Committee Discusses Proposals to Increase ‘Agility’

The committee received a briefing on recommendations by the newly formed Standards Process Stakeholder Engagement Group (SPSEG). The group was created in May in response to a directive from the NERC board that the ERO find ways to improve its ability to address urgent reliability needs with “agility” while continuing to provide reasonable notice and opportunities for public comment, due process and balancing of interests.

The group submitted its unanimous recommendations for standards process changes to the NERC board on Oct. 10. They include changes to section 300 and Appendix 3A of the Rules of Procedure, as well as recommendations for the standing committees to improve the administration and coordination of standards development.

At the board’s Nov. 16 meeting, it approved resolutions to enact the recommendations. It directed NERC staff to review the Registered Ballot Body for “continued fairness, openness, inclusivity and balance in standards voting” and provide a report on its findings at the board’s February 2023 meeting.

The SPSEG developed several recommendations for the SC on administering the standards development process, saying the committee should:

  • appoint a single drafting team to address both the standards authorization request (SAR) and standard development phases of a project;
  • provide guidance to drafting teams on the role of the SAR in the standards development process;
  • increase the efficiency of how it administers the SAR phase for projects eligible to be posted for informal comment or those that must be posted for formal comment;
  • revise its charter and make other changes to improve efficiency; and
  • revise its guidance to drafting teams regarding the development of implementation guidance and compliance elements.

The SPSEG also recommended changes to the SCCG to take advantage of cross-functional expertise and provide feedback loops.
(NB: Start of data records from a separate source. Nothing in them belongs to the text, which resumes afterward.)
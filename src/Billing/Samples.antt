-- ===== src/Billing/Samples.antt =====
-- A tenant that opens the checkout, and one that renews.
use cloud_sentinel_ai.Base.{
  ◌+◌, Instant, days, true, false, none, some, [], ◌∷◌, ◌≡◌, refl, nothing, one,
}
use cloud_sentinel_ai.Tiers.{pro}
use cloud_sentinel_ai.Dunning.{TenantSubscription, Store, active, charged}
use cloud_sentinel_ai.Scheduler.{is_payment_due}
use cloud_sentinel_ai.Paystack.{find, of_tenant, new_subscription}
use cloud_sentinel_ai.Billing.{
  Gateway, opened, create_checkout_session, charge_renewal, placeholder,
}
use cloud_sentinel_ai.Billing.Unpaid.{checkout_is_active}

abbrev gateway : Gateway
gateway = record {
  plan_price = λ _. none;
  ngn_rate = 145012350000;
  decrypt_string = λ code. some code;
  users = record { tenant_id = 7; email = 5 } ∷ [];
  initialize_transaction = λ _ _. some 33;
  charge_authorization = λ _ _ _. true;
  disable_subscription = λ _ _. true;
}

abbrev empty : Store
empty = record { subscriptions = []; jobs = [] }

none_yet : find (of_tenant 7) empty ≡ nothing
unfolding find
none_yet = refl

checkout_is_active_example :
    let (answer, t) = create_checkout_session gateway 40 7 pro 5 false empty in
    (answer ≡ opened 33)
    × ((sub : TenantSubscription) × (find (of_tenant 7) t ≡ one sub)
        × (sub.status ≡ active)
        × (sub.tier ≡ pro)
        × ((now : Instant) → is_payment_due now sub ≡ false))
checkout_is_active_example =
    checkout_is_active gateway 40 7 pro 5 false empty 19900 33 none_yet refl refl

abbrev paying : TenantSubscription
unfolding placeholder new_subscription
paying = record (placeholder 40 7 pro) {
  paystack_auth_code = some 97;
  next_payment_date = some 100;
}

abbrev renewed : TenantSubscription
renewed = record paying { next_payment_date = some (200 + days 30) }

renewal_charged : charge_renewal gateway 200 paying ≡ (charged, renewed)
unfolding charge_renewal placeholder new_subscription
renewal_charged = refl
It called for revising the SAR form to provide greater clarity on the need for new projects; aiding in project prioritization; and expanding participation in the standards quality review process.
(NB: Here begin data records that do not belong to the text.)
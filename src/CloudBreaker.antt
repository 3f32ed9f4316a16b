-- ===== src/CloudBreaker.antt =====
-- The circuit breaker of the cloud calls (`CircuitBreaker`, app/shared/remediation/circuit_breaker.py).
-- Instants are in microseconds; a breaker that has not failed reads its last failure as the epoch.
use cloud_sentinel_ai.Base.{
  ℕ, ◌+◌, Instant, seconds, Bool, true, false, Option, none, some, ltb, leb, if◌then◌else◌,
}
pub mod Calls
mod Samples

pub data CircuitBreakerState : Type 0 where
  closed opened half_open : CircuitBreakerState

pub record CircuitBreaker : Type 0 where
  pub failure_threshold : ℕ
  pub recovery_time : ℕ
  pub failure_count : ℕ
  pub last_failure_time : Option Instant
  pub state : CircuitBreakerState

-- `__init__`, with the two thresholds of its configuration that the breaker reads
unfoldable pub new : ℕ → ℕ → CircuitBreaker
new threshold recovery = record {
  failure_threshold = threshold;
  recovery_time = recovery;
  failure_count = 0;
  last_failure_time = none;
  state = closed;
}

-- How a call ends: the function's result, its exception, or the breaker's own.
pub data Outcome {ℓ} (A : Type ℓ) : Type ℓ where
  returned : A → Outcome A
  raised : Outcome A
  circuit_open : Outcome A

abbrev pub or_epoch : Option Instant → Instant
or_epoch none = 0
or_epoch (some t) = t

-- `now - (last or 0) > recovery_time`
abbrev pub recovered : Instant → CircuitBreaker → Bool
recovered now b = ltb (or_epoch b.last_failure_time + seconds b.recovery_time) now

after_success : CircuitBreakerState → CircuitBreaker → CircuitBreaker
after_success half_open b = record b { state = closed; failure_count = 0 }
after_success _ b = b

after_failure : Instant → CircuitBreaker → CircuitBreaker
after_failure now b =
    let failed = record b { failure_count = b.failure_count + 1; last_failure_time = some now } in
    if leb b.failure_threshold failed.failure_count
    then record failed { state = opened }
    else failed

attempted {ℓ} : {A : Type ℓ} → Instant → CircuitBreaker → Option A → CircuitBreaker × Outcome A
unfolding after_success after_failure
attempted failing b (some a) = (after_success b.state b, returned a)
attempted failing b none = (after_failure failing b, raised)

guarded {ℓ} :
    {A : Type ℓ}
    → CircuitBreakerState
    → Instant
    → Instant
    → CircuitBreaker
    → Option A
    → CircuitBreaker × Outcome A
unfolding attempted
guarded opened now failing b result =
    if recovered now b
    then attempted failing (record b { state = half_open }) result
    else (b, circuit_open)
guarded _ now failing b result = attempted failing b result

-- `call`: `result` is what the function returns, or `none` where it raises, at the instant
-- `failing`. While the circuit is open the function is not called, and `result` is not read.
unfoldable pub call {ℓ} :
    {A : Type ℓ} → Instant → Instant → CircuitBreaker → Option A → CircuitBreaker × Outcome A
unfolding guarded
call now failing b result = guarded b.state now failing b result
Finally, it recommended that the Reliability and Security Technical Committee increase the transparency and stakeholder awareness of its process for endorsing draft SARs.

Philip Winston, who is retired from Southern Co., questioned how the SC should respond to the recommendation that it provide drafting teams with guidance on the role of the SAR.
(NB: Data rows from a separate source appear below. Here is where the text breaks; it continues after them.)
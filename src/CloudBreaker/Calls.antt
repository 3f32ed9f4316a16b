-- ===== src/CloudBreaker/Calls.antt =====
-- Sequences of calls through the breaker.
use cloud_sentinel_ai.Base.{
  ℕ, ◌+◌, ◌≤◌, ◌<◌, ◌≡◌, ◌≢◌, Instant, seconds, Option, none, some, List, [], ◌∷◌, arith, refl,
  is_some, if◌then◌else◌,
}
use cloud_sentinel_ai.CloudBreaker.{
  CircuitBreaker, closed, opened, new, returned, raised, circuit_open, call,
}

-- A call: when it is made, when its function raises if it does, and whether it returns.
pub record Attempt : Type 0 where
  pub now : Instant
  pub failing : Instant
  pub result : Option ℕ

unfoldable pub run : List Attempt → CircuitBreaker → CircuitBreaker
run [] b = b
run (a ∷ as') b = run as' (call a.now a.failing b a.result).0

-- A closed breaker is below its threshold; an open one has reached it and knows when it failed.
pub record Inv (b : CircuitBreaker) : Type 0 where
  pub positive : 0 < b.failure_threshold
  pub below : b.state ≡ closed → b.failure_count < b.failure_threshold
  pub reached : b.state ≢ closed → b.failure_threshold ≤ b.failure_count
  pub dated : b.state ≢ closed → b.last_failure_time ≢ none

call-Inv :
    (now failing : Instant) (b : CircuitBreaker) (result : Option ℕ)
    → Inv b
    → Inv (call now failing b result).0
unfolding call
call-Inv now failing b result h = ground arith

calls_from-Inv : (as' : List Attempt) (b : CircuitBreaker) → Inv b → Inv (run as' b)
unfolding run
calls_from-Inv [] b h = h
calls_from-Inv (a ∷ as') b h = calls_from-Inv as' _ (call-Inv a.now a.failing b a.result h)

-- After any calls through a new breaker with a positive threshold: it is closed with fewer failures
-- than the threshold, or open or half open with at least as many and a time of last failure.
pub calls-Inv :
    (threshold recovery : ℕ) (as' : List Attempt)
    → 0 < threshold
    → Inv (run as' (new threshold recovery))
unfolding new
calls-Inv threshold recovery as' h = calls_from-Inv as' _ (ground arith)

-- While the circuit is open a call within the recovery time is refused and changes nothing, and a
-- later one tries the function: its success closes the circuit and clears the failures, and
-- its failure, in a breaker that reached its threshold, opens the circuit anew from that failure.
open_call :
    (now failing last value : ℕ) (b : CircuitBreaker)
    → b.state ≡ opened
    → b.last_failure_time ≡ some last
    → b.failure_threshold ≤ b.failure_count
    → (now ≤ last + seconds b.recovery_time
        → (call now failing b (some value) ≡ (b, circuit_open))
          × (call {A = ℕ} now failing b none ≡ (b, circuit_open)))
      × (last + seconds b.recovery_time < now
          → let (c, x) = call now failing b (some value) in
            (x ≡ returned value) × (c.state ≡ closed) × (c.failure_count ≡ 0))
      × (last + seconds b.recovery_time < now
          → let (c, x) = call {A = ℕ} now failing b none in
            (x ≡ raised) × (c.state ≡ opened) × (c.last_failure_time ≡ some failing))
unfolding call
open_call now failing last value b s l h =
    (λ early. (ground arith, ground arith), λ late. ground arith, λ late. ground arith)

abbrev pub failures : List Attempt → ℕ
failures [] = 0
failures (a ∷ as') = if is_some a.result then failures as' else 1 + failures as'

-- The failures of a closed breaker add up whatever successes lie between them: calls with fewer
-- failures than are left to the threshold leave it closed with all of them counted.
failures_accumulate :
    (as' : List Attempt) (b : CircuitBreaker)
    → b.state ≡ closed
    → b.failure_count + failures as' < b.failure_threshold
    → ((run as' b).state ≡ closed)
      × ((run as' b).failure_count ≡ b.failure_count + failures as')
      × ((run as' b).failure_threshold ≡ b.failure_threshold)
unfolding run
failures_accumulate [] b s h = (s, omega arith, refl)
failures_accumulate (a ∷ as') b s h =
    let c = (call a.now a.failing b a.result).0 in
    let at : (c.state ≡ closed)
        × (c.failure_count + failures as' ≡ b.failure_count + failures (a ∷ as'))
        × (c.failure_threshold ≡ b.failure_threshold) =
      unfold call in ground arith in
    let (s', n, t) = failures_accumulate as' c at.0 (omega arith) in (s', omega arith, omega arith)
“In the past … we’ve been clearly told that our role is not to address any kind of technical issues,” he said. “It’s hard to provide … guidance to a drafting team having to do with what’s in a SAR to accomplish the reliability goals without getting into some technical discussion.”

NERC attorney Marisa Hecht responded that the recommendation “is less about the technical components and more about the purpose, [such as] don’t include specific language; leave possibilities open … ensuring that the SAR is a scoping document versus providing” solutions.

Hecht said the recommendations also seek to help in instances in which SAR drafting teams (SDTs) “aren’t quite sure what each section means [and] sometimes come up with different language within the same documents.”

“So I think these are all envisioned to be very procedural and not technical recommendations.”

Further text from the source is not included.